Da gibt es doch auch die Option UserLibrarys zu definieren und einzubinden. Genügt das nicht? Diese UserLibs sind auch nicht blos Projektspezifisch, sondern man kann sie (natürlich, nachdem man sie definiert hat) in jedem anderen Projekt einbinden. Ich nutze diese Option z.B. für Java3D, JOGL, LWJGL und meine eigenen Libs. Ich denke mal nicht, dass einer von den Entwicklern dieser APIs erwarten würde, dass gerade seine Lib einen gesonderten Platz (wie z.B. 'ne JRE) in Eclipse bekommt, warum auch.


----------



## Gonzo17 (18. Jan 2013)

maki hat gesagt.:


> Was Gonzo17 wohl meinte war, wie man ein Eclipse Feature schreibt welches einem die Jars ins Projekt einbinden kann, wo wie das auch mit GWT/JEE/JSF/etc. pp. gemacht wird.



Ja, das war mein Gedanke.

Ich füge mal Screenshots hinzu, um es zu verdeutlichen.

Oder wird das letztlich über die Perspektive auch beeinflusst bzw über den View?

Der Hintergrund ist, dass wir eine Schnittstelle haben, mit der man Bausteine für unsere Software bauen kann, also ähnlich wie zB das Plugin-Development bei Eclipse. Jetzt möchten wir ein Eclipse Plugin zur Verfügung stellen, mit dem man solche Bausteine programmieren kann, ohne dass weitere Abhängigkeiten oder Einstellungen notwendig wären. Dazu möchte ich dann eine entsprechende "Project nature" erstellen, damit man Projekte von genau "unserem" Typ erstellen kann.
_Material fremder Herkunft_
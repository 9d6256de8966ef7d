-- ===== src/Engine/Control/Race.antt =====
-- Two methods of `RunControl` that overlap, of crates/bsrs/src/engine/run_engine.rs.
use bsrs.Prelude.{◌+◌, ◌<◌, ◌≡◌, true, false, arith}
use bsrs.Engine.Control.{
  RunControl, Suspension, u64_mod, reset_for_run, mark_paused, suspend_hold, release,
}

-- A new run that begins between the load of the generation in `request_suspend` and its pause is
-- paused by a suspension that cannot lift: when the suspension releases, which is one of an old
-- generation, the run is paused still, not by the user and without a hold. The counter of
-- generations does not wrap.
pub suspend_hold-outlives_reset :
    {F : Type 0} (c : RunControl F) (s : Suspension F)
    → c.run_gen + 1 < u64_mod
    → let (held, gen) = suspend_hold c s in
      let paused = mark_paused (reset_for_run held) in
      let lifted = release paused gen in
      (lifted.is_paused ≡ true) × (lifted.manual_pause ≡ false) × (lifted.holds ≡ 0)
unfolding reset_for_run mark_paused release
suspend_hold-outlives_reset c s h = ground (arith, h)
Die entsprechenden .jar-Dateien würde ich natürlich im Plugin mit ausliefern, aber die Frage ist, wie man sie im Projekt direkt verfügbar machen kann. Wie gesagt, viele Plugins können das ja, aber ich hab keinen Anhaltspunkt, bei dem ich ansetzen könnte.


----------



## Spacerat (18. Jan 2013)

Und genau das geht mit oben besagter Option.
BuildPath->Add Library->User Library
(User Librarys) klicken, das Gewünschte zusammenstellen und fertig. Obwohl "Referenced Librarys" bekommt man, wenn man (external) Jars added.


----------



## maki (18. Jan 2013)

UserLibrary hat rein gar nix mit Gonzos Frage zu tun 

Er will ein Eclipse Feature, welches Jars mitbringt und zur Auswahl stellt.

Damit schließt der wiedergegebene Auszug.